START INFORMATION SHOWN

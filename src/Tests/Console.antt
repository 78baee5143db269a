-- ===== src/Tests/Console.antt =====
-- The console's theorems on concrete formats and numbers.
use Prim.Native.Nat.{max}
use gquuuuuunix.Base.{
  ℕ, ◌+◌, ◌-◌, ◌*◌, ◌%◌, ◌^◌, ◌<◌, ◌≤◌, ◌≡◌, ◌≢◌, some, none, List, [], ◌∷◌, length, ltb,
  if◌then◌else◌, arith,
}
use gquuuuuunix.Console.Decimal.{int_limit, put_signed, put_padded, abs_pattern}
use gquuuuuunix.Console.Decimal.RoundTrip.{IsDecimal}
use gquuuuuunix.Console.Decimal.Overflow.{IsSignedDecimal, put_signed_lem}
use gquuuuuunix.Console.Decimal.Padding.{put_padded-length}
use gquuuuuunix.Console.Hex.{put_hex}
use gquuuuuunix.Console.Hex.RoundTrip.{read_hex, put_hex_lem}
use gquuuuuunix.Console.Format.{word, printed, printf}
use gquuuuuunix.Console.Format.Pieces.{
  Piece, plain, percent, string, hex, fmts, args, outs, printf-pieces,
}

-- The pieces of `%s=%x%%`.
abbrev pieces : List Piece
pieces = string (b'a' ∷ b'b' ∷ []) ∷ plain b'=' (omega arith) ∷ hex 255 ∷ percent ∷ []

printf-pieces_example : printf (fmts pieces) (args pieces (word 1 ∷ [])) ≡ printed (outs pieces)
printf-pieces_example = printf-pieces pieces (word 1 ∷ [])

-- -42 as an `int`.
abbrev minus_42 : ℕ
minus_42 = 4294967254

put_signed_lem_example :
    (minus_42 ≢ int_limit
      → (if ltb minus_42 int_limit then minus_42 else 2 * int_limit - minus_42) < 10000000000
      → (out : List ℕ) × (put_signed int_limit minus_42 ≡ some out)
        × IsSignedDecimal int_limit minus_42 out)
    × (minus_42 ≡ int_limit → put_signed int_limit minus_42 ≡ none)
    × (10000000000 ≤ (if ltb minus_42 int_limit then minus_42 else 2 * int_limit - minus_42)
        → put_signed int_limit minus_42 ≡ none)
put_signed_lem_example = put_signed_lem int_limit minus_42 (omega arith)

put_padded-length_example :
    (out : List ℕ) × (put_padded int_limit 5 42 ≡ some out)
    × (ds : List ℕ) × IsDecimal (abs_pattern int_limit 42) ds
    × (0 < abs_pattern int_limit 42
        → length out ≡ max 5 (length ds) + (if ltb 42 int_limit then 0 else 1))
    × (abs_pattern int_limit 42 ≡ 0 → length out ≡ 5 + 1)
put_padded-length_example =
    put_padded-length int_limit 5 42 (omega arith) (omega arith) (ground arith)

put_hex_lem_example :
    (read_hex 0 (put_hex 8 3735928559) ≡ 0 * 2 ^ (8 * 4) + 3735928559 % 2 ^ (8 * 4))
    × (length (put_hex 8 3735928559) ≡ 8)
put_hex_lem_example = put_hex_lem 8 3735928559 0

END INFORMATION SHOWN

Search the data above for the string "fmts" and return every line that has it.

> **PROBLEM SOLUTION**:
  Piece, plain, percent, string, hex, fmts, args, outs, printf-pieces,
printf-pieces_example : printf (fmts pieces) (args pieces (word 1 ∷ [])) ≡ printed (outs pieces)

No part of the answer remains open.